Assignment:
Copy each line below exactly.

[Items from a dataset]
-- ===== src/Runtime/Rows.antt =====
-- The table `crawler_runs` of crawler_admin/runtime_service.py with the statements on it. A time is
-- its number of seconds. A column that holds JSON is the value written to it, which reading gives
-- back. The table stands in the order of insertion, and its key counts up.
pub mod Laws
pub mod Latest
use open_energy_data_server.Common.{
  ℕ, ◌-◌, ◌+◌, String, Bool, true, false, not, Option, none, some, List, [], ◌∷◌, ◌++◌, map, ◌&&◌,
  str_eq, ltb, leb, ◌==◌, if◌then◌else◌, zero, suc, length,
}
use open_energy_data_server.Common.Dict
use open_energy_data_server.Common.Dict.{Dict}
use open_energy_data_server.Yaml.{Value, int, negative, Fields}

pub data Status : Type 0 where
  queued : Status
  running : Status
  succeeded : Status
  failed : Status
  interrupted : Status

pub record RunRecord : Type 0 where
  pub run_id : ℕ
  pub crawler_name : String
  pub action_id : String
  pub action_label : String
  pub trigger_source : String
  pub status : Status
  pub created_at : ℕ
  pub started_at : Option ℕ
  pub finished_at : Option ℕ
  pub duration_seconds : Option Value
  pub log_path : String
  pub summary : Option String
  pub error_message : Option String
  pub config_overrides : Fields
  pub action_payload : Fields

unfoldable pub active_status : Status → Bool
active_status queued = true
active_status running = true
active_status _ = false

-- `status IN ('queued', 'running')`
unfoldable pub is_active : RunRecord → Bool
unfolding active_status
is_active record_ = active_status record_.status

unfoldable pub succeeded_status : Status → Bool
succeeded_status succeeded = true
succeeded_status _ = false

-- `COALESCE(column, value)`
unfoldable pub coalesce {ℓ} : {A : Type ℓ} → Option A → A → Option A
coalesce none value = some value
coalesce (some given) value = some given

abbrev pub restarted : String
restarted = "Admin service restarted while the run was active."

unfoldable pub mark_interrupted : ℕ → RunRecord → RunRecord
unfolding is_active coalesce
mark_interrupted timestamp r =
    if is_active r
    then record r {
      status = interrupted;
      finished_at = coalesce r.finished_at timestamp;
      summary = coalesce r.summary restarted;
      error_message = coalesce r.error_message restarted;
    }
    else r

unfoldable pub mark_interrupted_runs : ℕ → List RunRecord → List RunRecord
unfolding mark_interrupted
mark_interrupted_runs timestamp rows = map (mark_interrupted timestamp) rows

-- `SELECT * FROM crawler_runs WHERE run_id = ?`, its first row
unfoldable pub get_run : ℕ → List RunRecord → Option RunRecord
get_run run_id [] = none
get_run run_id (r ∷ rows) = if r.run_id == run_id then some r else get_run run_id rows

-- `UPDATE crawler_runs SET … WHERE run_id = ?`
unfoldable pub update_run : ℕ → (RunRecord → RunRecord) → List RunRecord → List RunRecord
update_run run_id change [] = []
update_run run_id change (r ∷ rows) =
    (if r.run_id == run_id then change r else r) ∷ update_run run_id change rows

-- `WHERE crawler_name = ?`, where a name is given that is not empty
unfoldable pub of_crawler : Option String → RunRecord → Bool
of_crawler none r = true
of_crawler (some name) r = if str_eq name "" then true else str_eq r.crawler_name name

unfoldable pub selected : Option String → List RunRecord → List RunRecord
unfolding of_crawler
selected name [] = []
selected name (r ∷ rows) =
    let rest = selected name rows in if of_crawler name r then r ∷ rest else rest

-- `ORDER BY run_id DESC`
unfoldable pub insert_desc : RunRecord → List RunRecord → List RunRecord
insert_desc r [] = r ∷ []
insert_desc r (x ∷ xs) = if leb x.run_id r.run_id then r ∷ x ∷ xs else x ∷ insert_desc r xs

unfoldable pub order_desc : List RunRecord → List RunRecord
unfolding insert_desc
order_desc [] = []
order_desc (r ∷ rows) = insert_desc r (order_desc rows)

-- `LIMIT ?`, of a limit that is not negative
unfoldable pub take : ℕ → List RunRecord → List RunRecord
take zero rows = []
take (suc limit) [] = []
take (suc limit) (r ∷ rows) = r ∷ take limit rows

unfoldable pub list_runs : Option String → ℕ → List RunRecord → List RunRecord
unfolding selected order_desc take
list_runs crawler_name limit rows = take limit (order_desc (selected crawler_name rows))

-- the loop of `get_latest_runs_map`
unfoldable pub latest_loop : Dict RunRecord → List RunRecord → Dict RunRecord
latest_loop latest [] = latest
latest_loop latest (r ∷ records) =
    latest_loop
      (if Dict.has r.crawler_name latest then latest else Dict.put r.crawler_name r latest) records

unfoldable pub get_latest_runs_map : List RunRecord → Dict RunRecord
unfolding list_runs latest_loop
get_latest_runs_map rows = latest_loop [] (list_runs none 200 rows)

pub record ActionRuntimeBenchmark : Type 0 where
  pub action_id : String
  pub action_label : String
  pub sample_count : ℕ
  pub success_count : ℕ
  pub failure_count : ℕ
  pub success_rate : String
  pub latest_seconds : Option Value
  pub latest_finished_at : Option ℕ

-- the filter of `get_runtime_benchmarks`
unfoldable pub is_given {ℓ} : {A : Type ℓ} → Option A → Bool
is_given none = false
is_given (some _) = true

unfoldable pub finished_runs : List RunRecord → List RunRecord
unfolding is_given is_active
finished_runs [] = []
finished_runs (r ∷ rows) =
    let rest = finished_runs rows in
    if is_given r.duration_seconds && not (is_active r) then r ∷ rest else rest

-- `grouped_records.setdefault(record.action_id, []).append(record)`
unfoldable pub append_to : String → RunRecord → Dict (List RunRecord) → Dict (List RunRecord)
append_to key r [] = (key, r ∷ []) ∷ []
append_to key r ((k, group) ∷ groups) =
    if str_eq k key then (k, group ++ r ∷ []) ∷ groups else (k, group) ∷ append_to key r groups

unfoldable pub group_by_action : Dict (List RunRecord) → List RunRecord → Dict (List RunRecord)
unfolding append_to
group_by_action groups [] = groups
group_by_action groups (r ∷ records) = group_by_action (append_to r.action_id r groups) records

unfoldable pub count_succeeded : List RunRecord → ℕ
unfolding succeeded_status
count_succeeded [] = 0
count_succeeded (r ∷ rows) = (if succeeded_status r.status then 1 else 0) + count_succeeded rows

-- The rate is a rounded percentage of the two counts; how it is rounded is the argument `rate`.
module _ (rate : ℕ → ℕ → String) where
  unfoldable pub benchmarks_of : Dict (List RunRecord) → List ActionRuntimeBenchmark
  unfolding count_succeeded
  benchmarks_of [] = []
  benchmarks_of ((action_id, []) ∷ groups) = benchmarks_of groups
  benchmarks_of ((action_id, latest ∷ others) ∷ groups) =
      let sample_count = length (latest ∷ others) in
      let success_count = count_succeeded (latest ∷ others) in
      record {
        action_id = action_id;
        action_label = latest.action_label;
        sample_count = sample_count;
        success_count = success_count;
        failure_count = sample_count - success_count;
        success_rate = rate success_count sample_count;
        latest_seconds = latest.duration_seconds;
        latest_finished_at = latest.finished_at;
      }
      ∷ benchmarks_of groups

  unfoldable pub get_runtime_benchmarks : String → ℕ → List RunRecord → List ActionRuntimeBenchmark
  unfolding list_runs finished_runs group_by_action benchmarks_of
  get_runtime_benchmarks crawler_name limit rows =
      benchmarks_of (group_by_action [] (finished_runs (list_runs (some crawler_name) limit rows)))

Solution to this exercise:
-- ===== src/Runtime/Rows.antt =====
-- The table `crawler_runs` of crawler_admin/runtime_service.py with the statements on it. A time is
-- its number of seconds. A column that holds JSON is the value written to it, which reading gives
-- back. The table stands in the order of insertion, and its key counts up.
pub mod Laws
pub mod Latest
use open_energy_data_server.Common.{
  ℕ, ◌-◌, ◌+◌, String, Bool, true, false, not, Option, none, some, List, [], ◌∷◌, ◌++◌, map, ◌&&◌,
  str_eq, ltb, leb, ◌==◌, if◌then◌else◌, zero, suc, length,
}
use open_energy_data_server.Common.Dict
use open_energy_data_server.Common.Dict.{Dict}
use open_energy_data_server.Yaml.{Value, int, negative, Fields}

pub data Status : Type 0 where
  queued : Status
  running : Status
  succeeded : Status
  failed : Status
  interrupted : Status

pub record RunRecord : Type 0 where
  pub run_id : ℕ
  pub crawler_name : String
  pub action_id : String
  pub action_label : String
  pub trigger_source : String
  pub status : Status
  pub created_at : ℕ
  pub started_at : Option ℕ
  pub finished_at : Option ℕ
  pub duration_seconds : Option Value
  pub log_path : String
  pub summary : Option String
  pub error_message : Option String
  pub config_overrides : Fields
  pub action_payload : Fields

unfoldable pub active_status : Status → Bool
active_status queued = true
active_status running = true
active_status _ = false

-- `status IN ('queued', 'running')`
unfoldable pub is_active : RunRecord → Bool
unfolding active_status
is_active record_ = active_status record_.status

unfoldable pub succeeded_status : Status → Bool
succeeded_status succeeded = true
succeeded_status _ = false

-- `COALESCE(column, value)`
unfoldable pub coalesce {ℓ} : {A : Type ℓ} → Option A → A → Option A
coalesce none value = some value
coalesce (some given) value = some given

abbrev pub restarted : String
restarted = "Admin service restarted while the run was active."

unfoldable pub mark_interrupted : ℕ → RunRecord → RunRecord
unfolding is_active coalesce
mark_interrupted timestamp r =
    if is_active r
    then record r {
      status = interrupted;
      finished_at = coalesce r.finished_at timestamp;
      summary = coalesce r.summary restarted;
      error_message = coalesce r.error_message restarted;
    }
    else r

unfoldable pub mark_interrupted_runs : ℕ → List RunRecord → List RunRecord
unfolding mark_interrupted
mark_interrupted_runs timestamp rows = map (mark_interrupted timestamp) rows

-- `SELECT * FROM crawler_runs WHERE run_id = ?`, its first row
unfoldable pub get_run : ℕ → List RunRecord → Option RunRecord
get_run run_id [] = none
get_run run_id (r ∷ rows) = if r.run_id == run_id then some r else get_run run_id rows

-- `UPDATE crawler_runs SET … WHERE run_id = ?`
unfoldable pub update_run : ℕ → (RunRecord → RunRecord) → List RunRecord → List RunRecord
update_run run_id change [] = []
update_run run_id change (r ∷ rows) =
    (if r.run_id == run_id then change r else r) ∷ update_run run_id change rows

-- `WHERE crawler_name = ?`, where a name is given that is not empty
unfoldable pub of_crawler : Option String → RunRecord → Bool
of_crawler none r = true
of_crawler (some name) r = if str_eq name "" then true else str_eq r.crawler_name name

unfoldable pub selected : Option String → List RunRecord → List RunRecord
unfolding of_crawler
selected name [] = []
selected name (r ∷ rows) =
    let rest = selected name rows in if of_crawler name r then r ∷ rest else rest

-- `ORDER BY run_id DESC`
unfoldable pub insert_desc : RunRecord → List RunRecord → List RunRecord
insert_desc r [] = r ∷ []
insert_desc r (x ∷ xs) = if leb x.run_id r.run_id then r ∷ x ∷ xs else x ∷ insert_desc r xs

unfoldable pub order_desc : List RunRecord → List RunRecord
unfolding insert_desc
order_desc [] = []
order_desc (r ∷ rows) = insert_desc r (order_desc rows)

-- `LIMIT ?`, of a limit that is not negative
unfoldable pub take : ℕ → List RunRecord → List RunRecord
take zero rows = []
take (suc limit) [] = []
take (suc limit) (r ∷ rows) = r ∷ take limit rows

unfoldable pub list_runs : Option String → ℕ → List RunRecord → List RunRecord
unfolding selected order_desc take
list_runs crawler_name limit rows = take limit (order_desc (selected crawler_name rows))

-- the loop of `get_latest_runs_map`
unfoldable pub latest_loop : Dict RunRecord → List RunRecord → Dict RunRecord
latest_loop latest [] = latest
latest_loop latest (r ∷ records) =
    latest_loop
      (if Dict.has r.crawler_name latest then latest else Dict.put r.crawler_name r latest) records

unfoldable pub get_latest_runs_map : List RunRecord → Dict RunRecord
unfolding list_runs latest_loop
get_latest_runs_map rows = latest_loop [] (list_runs none 200 rows)

pub record ActionRuntimeBenchmark : Type 0 where
  pub action_id : String
  pub action_label : String
  pub sample_count : ℕ
  pub success_count : ℕ
  pub failure_count : ℕ
  pub success_rate : String
  pub latest_seconds : Option Value
  pub latest_finished_at : Option ℕ

-- the filter of `get_runtime_benchmarks`
unfoldable pub is_given {ℓ} : {A : Type ℓ} → Option A → Bool
is_given none = false
is_given (some _) = true

unfoldable pub finished_runs : List RunRecord → List RunRecord
unfolding is_given is_active
finished_runs [] = []
finished_runs (r ∷ rows) =
    let rest = finished_runs rows in
    if is_given r.duration_seconds && not (is_active r) then r ∷ rest else rest

-- `grouped_records.setdefault(record.action_id, []).append(record)`
unfoldable pub append_to : String → RunRecord → Dict (List RunRecord) → Dict (List RunRecord)
append_to key r [] = (key, r ∷ []) ∷ []
append_to key r ((k, group) ∷ groups) =
    if str_eq k key then (k, group ++ r ∷ []) ∷ groups else (k, group) ∷ append_to key r groups

unfoldable pub group_by_action : Dict (List RunRecord) → List RunRecord → Dict (List RunRecord)
unfolding append_to
group_by_action groups [] = groups
group_by_action groups (r ∷ records) = group_by_action (append_to r.action_id r groups) records

unfoldable pub count_succeeded : List RunRecord → ℕ
unfolding succeeded_status
count_succeeded [] = 0
count_succeeded (r ∷ rows) = (if succeeded_status r.status then 1 else 0) + count_succeeded rows

-- The rate is a rounded percentage of the two counts; how it is rounded is the argument `rate`.
module _ (rate : ℕ → ℕ → String) where
  unfoldable pub benchmarks_of : Dict (List RunRecord) → List ActionRuntimeBenchmark
  unfolding count_succeeded
  benchmarks_of [] = []
  benchmarks_of ((action_id, []) ∷ groups) = benchmarks_of groups
  benchmarks_of ((action_id, latest ∷ others) ∷ groups) =
      let sample_count = length (latest ∷ others) in
      let success_count = count_succeeded (latest ∷ others) in
      record {
        action_id = action_id;
        action_label = latest.action_label;
        sample_count = sample_count;
        success_count = success_count;
        failure_count = sample_count - success_count;
        success_rate = rate success_count sample_count;
        latest_seconds = latest.duration_seconds;
        latest_finished_at = latest.finished_at;
      }
      ∷ benchmarks_of groups

  unfoldable pub get_runtime_benchmarks : String → ℕ → List RunRecord → List ActionRuntimeBenchmark
  unfolding list_runs finished_runs group_by_action benchmarks_of
  get_runtime_benchmarks crawler_name limit rows =
      benchmarks_of (group_by_action [] (finished_runs (list_runs (some crawler_name) limit rows)))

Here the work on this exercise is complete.